Stored data:

-- ===== src/EidPatterns/Runs.antt =====
-- Runs of eid-patterns/src on concrete patterns.
use hardy.Prelude.{◌≤◌, ℕ, ◌≡◌, refl, List, [], ◌∷◌, true, false, none, some, arith, any}
use hardy.Eid.{Str, IpnNodeId, Eid, eq_str}
use hardy.EidPatterns.Dtn.{Globs}
use hardy.EidPatterns.Ipn.Interval.{Span, range}
use hardy.EidPatterns.Ipn.Component
use hardy.EidPatterns.Ipn.Component.{IpnPattern}
use hardy.EidPatterns.Ipn.Item as Ipn
use hardy.EidPatterns.Ipn.Item.{IpnPatternItem, any_item}
use hardy.EidPatterns.Ipn.Merge.{
  interval_of, range_of, insert, sort_by_start, merge, close, collapse, merge_sorted, AllSpans,
}
use hardy.EidPatterns.Ipn.Merge.Union.{matches-range_of, covers}
use hardy.EidPatterns.Ipn.Merge.Unique.{range_of_unique, SameNumbers}
use hardy.EidPatterns.Pattern.Item
use hardy.EidPatterns.Pattern.Item.{EidPatternItem}
use hardy.EidPatterns.Pattern.Union
use hardy.EidPatterns.Pattern.Union.{EidPattern}
use hardy.EidPatterns.Pattern.Subset.{names_null, is_glob, has_glob, is_subset_sound}
use hardy.EidPatterns.Pattern.Score.{is_exact_item, ipn_score_bounds}
use hardy.EidPatterns.Pattern.Exact.{
  is_canonical, try_eid-of_eid, matches-of_eid, matches-into_atoms,
}

-- A glob that is a plain text
abbrev texts : Globs
texts = record {
  Pattern = Str;
  as_str = λ p. p;
  matches_with = λ p s o. unfold eq_str in eq_str p s;
}

abbrev span : ℕ → ℕ → Span
span a b = record { start = a; end = b }

abbrev spans : List Span
spans = span 7 9 ∷ span 1 3 ∷ span 4 5 ∷ []

abbrev other_spans : List Span
other_spans = span 1 5 ∷ span 8 9 ∷ span 7 7 ∷ []

spans-IsSpan : AllSpans spans
spans-IsSpan = (
  record { ordered = omega arith; bounded = omega arith },
  (
    record { ordered = omega arith; bounded = omega arith },
    (record { ordered = omega arith; bounded = omega arith }, tt),
  ),
)

other_spans-IsSpan : AllSpans other_spans
other_spans-IsSpan = (
  record { ordered = omega arith; bounded = omega arith },
  (
    record { ordered = omega arith; bounded = omega arith },
    (record { ordered = omega arith; bounded = omega arith }, tt),
  ),
)

-- Adjacent intervals merge.
range_of-spans : range_of spans ≡ IpnPattern.range (range (span 1 5) ∷ range (span 7 9) ∷ [])
unfolding range_of insert sort_by_start merge merge_sorted close collapse
range_of-spans = refl

interval_reversed : interval_of 9 (some 7) ≡ span 7 9
unfolding interval_of
interval_reversed = refl

matches-range_of_example : Component.matches (range_of spans) 8 ≡ covers spans 8
matches-range_of_example = matches-range_of spans 8 spans-IsSpan

same_numbers : SameNumbers spans other_spans
same_numbers v le = ground arith

range_of_unique_example : range_of spans ≡ range_of other_spans
range_of_unique_example =
    range_of_unique spans other_spans spans-IsSpan other_spans-IsSpan same_numbers

abbrev node : IpnNodeId
node = record { allocator_id = 0; node_number = 2 }

abbrev service_pattern : EidPattern texts
service_pattern = EidPattern.set (EidPatternItem.ipn_pattern_item (Ipn.new 0 2 (some 5)) ∷ [])

abbrev node_pattern : EidPattern texts
node_pattern =
    EidPattern.set (
      EidPatternItem.ipn_pattern_item (Ipn.new 0 2 none) ∷ EidPatternItem.any_numeric_scheme 1 ∷ [])

is_subset_sound_example : Union.matches node_pattern (Eid.ipn node 5) ≡ true
unfolding Union.matches Union.is_subset Item.is_subset Item.matches Ipn.is_subset Ipn.matches
    Ipn.matches_at Ipn.new Component.is_subset Component.matches has_glob is_glob names_null
is_subset_sound_example =
    is_subset_sound service_pattern node_pattern (Eid.ipn node 5) refl refl refl refl

try_eid-of_eid_example :
    Union.try_eid {gl = texts}
      (Union.of_eid (Eid.dtn (record { node_name = b'a' ∷ [] }) (b'x' ∷ [])))
    ≡ some (Eid.dtn (record { node_name = b'a' ∷ [] }) (b'x' ∷ []))
unfolding is_canonical
try_eid-of_eid_example =
    try_eid-of_eid texts (Eid.dtn (record { node_name = b'a' ∷ [] }) (b'x' ∷ [])) refl

matches-of_eid_example :
    Union.matches {gl = texts} (Union.of_eid (Eid.ipn node 5)) (Eid.ipn node 5) ≡ true
matches-of_eid_example = matches-of_eid texts (Eid.ipn node 5)

matches-into_atoms_example :
    any (Union.into_atoms node_pattern) (λ q. Union.matches q (Eid.ipn node 7))
    ≡ Union.matches node_pattern (Eid.ipn node 7)
matches-into_atoms_example = matches-into_atoms node_pattern (Eid.ipn node 7)

-- An item of the `ipn` scheme counts as a part of `2:**`, but matches the null endpoint, which `2:**`
-- does not match.
null_outside :
    (Item.is_subset {gl = texts}
        (EidPatternItem.ipn_pattern_item any_item)
        (EidPatternItem.any_numeric_scheme 2)
      ≡ true)
    × (Item.matches {gl = texts} (EidPatternItem.ipn_pattern_item any_item) Eid.null ≡ true)
    × (Item.matches {gl = texts} (EidPatternItem.any_numeric_scheme 2) Eid.null ≡ false)
unfolding Item.is_subset Item.matches Item.eid_numeric_scheme Ipn.matches Ipn.matches_at
    Component.matches
null_outside = (refl, refl, refl)

-- An exact item, and one with a wildcard
abbrev exact_and_broad : List (EidPatternItem texts)
exact_and_broad =
    EidPatternItem.ipn_pattern_item (Ipn.new 0 2 (some 5))
    ∷ EidPatternItem.ipn_pattern_item (Ipn.new 0 2 none)
    ∷ []

ipn_score_bounds_example :
    (is_exact_item (Ipn.new 0 2 (some 5)) ≡ true
      → Ipn.specificity_score (Ipn.new 0 2 (some 5)) ≡ some 352)
    × ((n : ℕ)
        → is_exact_item (Ipn.new 0 2 (some 5)) ≡ false
        → Ipn.specificity_score (Ipn.new 0 2 (some 5)) ≡ some n
        → n ≤ 96)
ipn_score_bounds_example = ipn_score_bounds (Ipn.new 0 2 (some 5))

union_score_run : Union.specificity_score (EidPattern.set exact_and_broad) ≡ some 64
unfolding Union.specificity_score Item.specificity_score Ipn.specificity_score Ipn.new
    Component.is_exact Component.is_wildcard Component.literal_bits
union_score_run = refl
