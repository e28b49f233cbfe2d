-- ===== src/Tcpclv4.antt =====
-- tcpclv4/src: the TCP convergence layer of RFC 9174.
pub mod Wire
pub mod Codec
mod Runs
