-- ===== src/Tcpclv4/Codec.antt =====
-- tcpclv4/src/codec.rs: `Message` and `MessageCodec`.
pub mod Octet
pub mod MessageType
pub mod SessionTerm
pub mod Reject
pub mod Refuse
pub mod SegmentFlags
pub mod Ack
pub mod Extension
pub mod SessionInit
pub mod Segment
pub mod MessageCodec
pub mod RoundTrip
pub mod Stable
pub mod Safe
pub mod Framing
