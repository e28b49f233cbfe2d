-- ===== src/Tcpclv4/Wire.antt =====
-- What tcpclv4/src/codec.rs uses of `BytesMut`, and the outcomes of its decoders.
pub mod Reads
pub mod Stable
pub mod Safe
pub mod Waits
use hardy.Prelude.{
  ℕ, zero, suc, List, [], ◌∷◌, Bool, true, false, ◌&&◌, Option, none, some, ltb, leb, ◌==◌, length,
  take, drop, if◌then◌else◌,
}
use hardy.Cbor.Bytes.{from_be_bytes}

-- `Error`, without the variant for the stream's own failures. What the two wrapped errors say of the
-- node id is left out.
pub data Error : Type 0 where
  invalid_message_type : ℕ → Error
  invalid_node_id_utf8 invalid_node_id invalid_extension_length : Error

-- `Result<Option<T>, Error>`: `more` is `Ok(None)`, and `done v` is `Ok(Some(v))`. `panic` is a read
-- behind the end of a buffer; `stuck` is no value of the program: the fuel of a loop ran out.
pub data Outcome (T : Type 0) : Type 0 where
  stuck panic more : Outcome T
  fail : Error → Outcome T
  done : T → Outcome T

-- Code that reads from a buffer, which it passes on.
abbrev pub Reader : Type 0 → Type 0
Reader T = List ℕ → Outcome T × List ℕ

abbrev pub and_then : {T U : Type 0} → Outcome T × List ℕ → (T → Reader U) → Outcome U × List ℕ
and_then (stuck, src) f = (stuck, src)
and_then (panic, src) f = (panic, src)
and_then (more, src) f = (more, src)
and_then (fail e, src) f = (fail e, src)
and_then (done v, src) f = f v src

infixl 5 ◌>>=◌ ◌>>◌
abbrev pub ◌>>=◌ : {T U : Type 0} → Reader T → (T → Reader U) → Reader U
◌>>=◌ m f src = and_then (m src) f

abbrev pub ◌>>◌ : {U : Type 0} → Reader (Unit {0}) → Reader U → Reader U
m >> k = m >>= λ _. k

abbrev pub return : {T : Type 0} → T → Reader T
return v src = (done v, src)

abbrev pub throw : {T : Type 0} → Error → Reader T
throw e src = (fail e, src)

abbrev pub out_of_fuel : {T : Type 0} → Reader T
out_of_fuel src = (stuck, src)

-- `if src.len() < n { return Ok(None) }`
unfoldable pub need : ℕ → Reader (Unit {0})
need n src = if ltb (length src) n then (more, src) else (done tt, src)

-- `BytesMut::split_to`
unfoldable pub split_to : ℕ → Reader (List ℕ)
split_to n src = if ltb (length src) n then (panic, src) else (done (take n src), drop n src)

-- `BytesMut::advance`
unfoldable pub advance : ℕ → Reader (Unit {0})
advance n = split_to n >>= λ _. return tt

-- `get_u8`, `get_u16`, `get_u32` and `get_u64`, for a width of `n` bytes
unfoldable pub get_uint : ℕ → Reader ℕ
get_uint n = split_to n >>= λ bs. return (from_be_bytes bs)

-- Code that runs on a clone of the buffer.
unfoldable pub on_clone : {T : Type 0} → Reader T → Reader T
on_clone m src = ((m src).0, src)

-- `std::str::from_utf8`: what may follow a first byte, as a count of bytes and the range of the next.
abbrev pub utf8_start : ℕ → Option (ℕ × ℕ × ℕ)
utf8_start b =
    if ltb b 0x80
    then some (0, 0, 0)
    else if ltb b 0xC2
    then none
    else if ltb b 0xE0
    then some (1, 0x80, 0xBF)
    else if b == 0xE0
    then some (2, 0xA0, 0xBF)
    else if b == 0xED
    then some (2, 0x80, 0x9F)
    else if ltb b 0xF0
    then some (2, 0x80, 0xBF)
    else if b == 0xF0
    then some (3, 0x90, 0xBF)
    else if ltb b 0xF4
    then some (3, 0x80, 0xBF)
    else if b == 0xF4
    then some (3, 0x80, 0x8F)
    else none

unfoldable pub utf8_from : ℕ → ℕ → ℕ → List ℕ → Bool
utf8_from k lo hi [] = k == 0
utf8_from zero lo hi (b ∷ bs) = elim (utf8_start b) [
  | none ↦ false
  | some (k, lo', hi') ↦ utf8_from k lo' hi' bs
]
utf8_from (suc k) lo hi (b ∷ bs) = leb lo b && leb b hi && utf8_from k 0x80 0xBF bs

unfoldable pub is_utf8 : List ℕ → Bool
unfolding utf8_from
is_utf8 bs = utf8_from 0 0 0 bs
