-- ===== src/Tcpclv4/Codec/MessageType.antt =====
-- tcpclv4/src/codec.rs: the first octet of a message.
use hardy.Prelude.{ℕ, ◌==◌, if◌then◌else◌}
use hardy.Tcpclv4.Wire.{Reader, return, throw, invalid_message_type}

pub data MessageType : Type 0 where
  xfer_segment xfer_ack xfer_refuse keepalive sess_term msg_reject sess_init : MessageType

abbrev pub as_u8 : MessageType → ℕ
as_u8 xfer_segment = 1
as_u8 xfer_ack = 2
as_u8 xfer_refuse = 3
as_u8 keepalive = 4
as_u8 sess_term = 5
as_u8 msg_reject = 6
as_u8 sess_init = 7

unfoldable pub try_from : ℕ → Reader MessageType
try_from value =
    if value == 1
    then return xfer_segment
    else if value == 2
    then return xfer_ack
    else if value == 3
    then return xfer_refuse
    else if value == 4
    then return keepalive
    else if value == 5
    then return sess_term
    else if value == 6
    then return msg_reject
    else if value == 7
    then return sess_init
    else throw (invalid_message_type value)
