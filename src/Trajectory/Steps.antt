-- ===== src/Trajectory/Steps.antt =====
-- What a step inherits, and what its dictionary holds.
use mathlib.Core.Option
use provenex_core.Prelude.{
  ◌+◌, ◌≡◌, refl, sym, ap, ◌∙◌, arith, Result, ◌>>=◌, Option, none, some, List, [], ◌∷◌, ◌++◌, ok,
  >>=-eq-ok, ok-injective, ◌==◌, nat_eq, list_eq, if◌then◌else◌, length,
}
use provenex_core.Text.{Text, codes}
use provenex_core.Trajectory.{
  TrajectoryContext, NextStep, next_step, receipt_ids, or_empty, Field, text_field, number_field,
  list_field, to_dict, optional_field,
}

pub dict_value : Text → List (Text × Field) → Option Field
dict_value k [] = none
dict_value k ((k', v) ∷ d) = if k' == k then some v else dict_value k d

optional_lem :
    (k a s : Option Text)
    → let d =
        optional_field (codes "step_kind") k
        ++ optional_field (codes "agent_id") a
        ++ optional_field (codes "session_id") s in
      (dict_value (codes "step_kind") d ≡ Option.map text_field k)
      × (dict_value (codes "agent_id") d ≡ Option.map text_field a)
      × (dict_value (codes "session_id") d ≡ Option.map text_field s)
unfolding dict_value optional_field
optional_lem none none none = (refl, refl, refl)
optional_lem none none (some s) = (refl, refl, refl)
optional_lem none (some a) none = (refl, refl, refl)
optional_lem none (some a) (some s) = (refl, refl, refl)
optional_lem (some k) none none = (refl, refl, refl)
optional_lem (some k) none (some s) = (refl, refl, refl)
optional_lem (some k) (some a) none = (refl, refl, refl)
optional_lem (some k) (some a) (some s) = (refl, refl, refl)

-- The dictionary of a step holds each of its seven fields under the field's name, and leaves out an
-- optional one exactly when it is None.
pub to_dict_lem :
    (t : TrajectoryContext)
    → (dict_value (codes "trajectory_id") (to_dict t) ≡ some (text_field t.trajectory_id))
      × (dict_value (codes "step_index") (to_dict t) ≡ some (number_field t.step_index))
      × (dict_value (codes "parent_step_ids") (to_dict t) ≡ some (list_field t.parent_step_ids))
      × (dict_value (codes "trajectory_started_at") (to_dict t)
          ≡ some (text_field t.trajectory_started_at))
      × (dict_value (codes "step_kind") (to_dict t) ≡ Option.map text_field t.step_kind)
      × (dict_value (codes "agent_id") (to_dict t) ≡ Option.map text_field t.agent_id)
      × (dict_value (codes "session_id") (to_dict t) ≡ Option.map text_field t.session_id)
unfolding to_dict dict_value optional_field
to_dict_lem t =
    let (k, a, s) = optional_lem t.step_kind t.agent_id t.session_id in
    (refl, refl, refl, refl, k, a, s)

-- The step after each of the calls in turn.
unfoldable pub next_steps : TrajectoryContext → List NextStep → Result TrajectoryContext
next_steps t [] = ok t
next_steps t (a ∷ calls) = next_step t a >>= λ t'. next_steps t' calls

next_step-keeps :
    (t t' : TrajectoryContext) (a : NextStep)
    → next_step t a ≡ ok t'
    → (t'.trajectory_id ≡ t.trajectory_id)
      × (t'.trajectory_started_at ≡ t.trajectory_started_at)
      × (t'.step_index ≡ t.step_index + 1)
unfolding next_step
next_step-keeps t t' a e =
    let (parents, r, k) = >>=-eq-ok (receipt_ids (or_empty a.parent_receipts)) _ e in
    let q = ok-injective k in
    (
      sym (ap (λ x. x.trajectory_id) q),
      sym (ap (λ x. x.trajectory_started_at) q),
      sym (ap (λ x. x.step_index) q),
    )

-- Any number of steps on, a trajectory has its id and its start, and its index counts the steps.
pub next_steps-keep :
    (t t' : TrajectoryContext) (calls : List NextStep)
    → next_steps t calls ≡ ok t'
    → (t'.trajectory_id ≡ t.trajectory_id)
      × (t'.trajectory_started_at ≡ t.trajectory_started_at)
      × (t'.step_index ≡ t.step_index + length calls)
unfolding next_steps
next_steps-keep t t' [] e =
    let q = ok-injective e in
    (ground (arith, q), ground (arith, q), omega (arith, ap (λ x. x.step_index) q))
next_steps-keep t t' (a ∷ calls) e =
    let (u, r, k) = >>=-eq-ok (next_step t a) _ e in
    let one = next_step-keeps t u a r in
    let rest = next_steps-keep u t' calls k in
    (rest.0 ∙ one.0, rest.1 ∙ one.1, omega (arith, rest.2, one.2))
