-- ===== src/Trajectory/Tests.antt =====
-- A trajectory of two steps, and audits of a chain and of a cycle.
use provenex_core.Prelude.{
  ◌≡◌, refl, sym, ap, key_error, ◌⊎◌, Bool, true, false, Option, none, some, List, [], ◌∷◌, Result,
  ok, err, Returns, All,
}
use mathlib.Core.Option.{some-injective}
use provenex_core.Text.{Text, codes}
use provenex_core.Trajectory.{
  TrajectoryContext, NextStep, next_step, Receipt, TrajectoryAuditResult, audit_trajectory_dag,
}
use provenex_core.Trajectory.{
  check, has_trajectory_block, shared_trajectory_id, no_dangling_parents, dag_acyclic,
  has_root_step, ById, visit_all, white,
}
use provenex_core.Trajectory.Graph.{Reaches}
use provenex_core.Trajectory.Detects.{visit_all-detects}
use provenex_core.Trajectory.Coherent.{IsCoherent, audit_trajectory_dag-IsCoherent}
use provenex_core.Trajectory.Audit.{IsAuditable, HasKeys, audit_trajectory_dag-Returns}

abbrev root_step : TrajectoryContext
root_step = record {
  trajectory_id = codes "trj_1";
  step_index = 0;
  trajectory_started_at = codes "2024";
  parent_step_ids = [];
  step_kind = none;
  agent_id = some (codes "a");
  session_id = none;
}

abbrev call : NextStep
call = record {
  parent_receipts = some (some (codes "r0") ∷ []);
  parent_step_ids = some (codes "r1" ∷ []);
  step_kind = some (codes "tool_call");
  agent_id = none;
  session_id = none;
}

abbrev or_root : Result TrajectoryContext → TrajectoryContext
or_root (ok t) = t
or_root (err e) = root_step

second_step : TrajectoryContext
unfolding next_step
second_step = or_root (next_step root_step call)

third_step : TrajectoryContext
unfolding next_step second_step
third_step = or_root (next_step second_step call)

abbrev receipt : Text → List Text → Receipt
receipt id parents = record {
  receipt_id = some id;
  trajectory =
      some (record { trajectory_id = some (codes "trj_1"); parent_step_ids = some parents });
}

abbrev chain : List Receipt
chain = receipt (codes "r0") [] ∷ receipt (codes "r1") (codes "r0" ∷ []) ∷ []

abbrev cycle : List Receipt
cycle =
    receipt (codes "r0") []
    ∷ receipt (codes "r1") (codes "r2" ∷ [])
    ∷ receipt (codes "r2") (codes "r1" ∷ codes "r0" ∷ [])
    ∷ []

receipt-IsAuditable : (id : Text) (parents : List Text) → IsAuditable (receipt id parents)
unfolding IsAuditable HasKeys
receipt-IsAuditable id parents = (
  (id, refl),
  λ b e. (
    (codes "trj_1", sym (ap (λ x. x.trajectory_id) (some-injective _ _ e))),
    (parents, sym (ap (λ x. x.parent_step_ids) (some-injective _ _ e))),
  ),
)

audit_trajectory_dag-Returns_example :
    Returns (λ r. r.receipt_count ≡ 3) (audit_trajectory_dag cycle)
    ⊎ ((audit_trajectory_dag cycle ≡ err key_error) × (All IsAuditable cycle → ⊥))
audit_trajectory_dag-Returns_example = audit_trajectory_dag-Returns cycle

cycle-IsAuditable : All IsAuditable cycle
cycle-IsAuditable =
    (receipt-IsAuditable _ _, (receipt-IsAuditable _ _, (receipt-IsAuditable _ _, tt)))

-- A block without parent_step_ids.
bare_block-raises :
    audit_trajectory_dag (
      record {
        receipt_id = some (codes "r0");
        trajectory = some (record { trajectory_id = some (codes "trj_1"); parent_step_ids = none });
      }
      ∷ [])
    ≡ err key_error
unfolding audit_trajectory_dag
bare_block-raises = refl

abbrev passes : Result TrajectoryAuditResult → Option Bool
passes (ok r) = some r.holds
passes (err e) = none

passes-chain : passes (audit_trajectory_dag chain) ≡ some true
unfolding audit_trajectory_dag
passes-chain = refl

passes-cycle : passes (audit_trajectory_dag cycle) ≡ some false
unfolding audit_trajectory_dag
passes-cycle = refl

-- The first receipt is its own parent, and the second has its id: the dictionary has the second.
passes-repeated_id :
    passes
      (audit_trajectory_dag (receipt (codes "r1") (codes "r1" ∷ []) ∷ receipt (codes "r1") [] ∷ []))
    ≡ some true
unfolding audit_trajectory_dag
passes-repeated_id = refl

abbrev chain_result : TrajectoryAuditResult
chain_result = record {
  holds = true;
  trajectory_id = some (codes "trj_1");
  receipt_count = 2;
  checks =
      check has_trajectory_block true
      ∷ check shared_trajectory_id true
      ∷ check no_dangling_parents true
      ∷ check dag_acyclic true
      ∷ check has_root_step true
      ∷ [];
}

audit_trajectory_dag-IsCoherent_example : IsCoherent chain
unfolding audit_trajectory_dag
audit_trajectory_dag-IsCoherent_example =
    audit_trajectory_dag-IsCoherent chain chain_result refl refl

abbrev cycle_dict : ById
cycle_dict =
    (codes "r1", record { parent_step_ids = codes "r2" ∷ [] })
    ∷ (codes "r2", record { parent_step_ids = codes "r1" ∷ [] })
    ∷ []

visit_all-detects_example :
    Returns
      (λ found.
        ((p : Text) → found ≡ some p → Reaches cycle_dict p p)
        × (found ≡ none → (x : Text) → Reaches cycle_dict x x → ⊥))
      (visit_all cycle_dict cycle_dict (λ k. white))
visit_all-detects_example = visit_all-detects cycle_dict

What to do: Which lines above carry the string "keepalive"? Copy those lines.

Answer section:
  xfer_segment xfer_ack xfer_refuse keepalive sess_term msg_reject sess_init : MessageType
as_u8 keepalive = 4
    then return keepalive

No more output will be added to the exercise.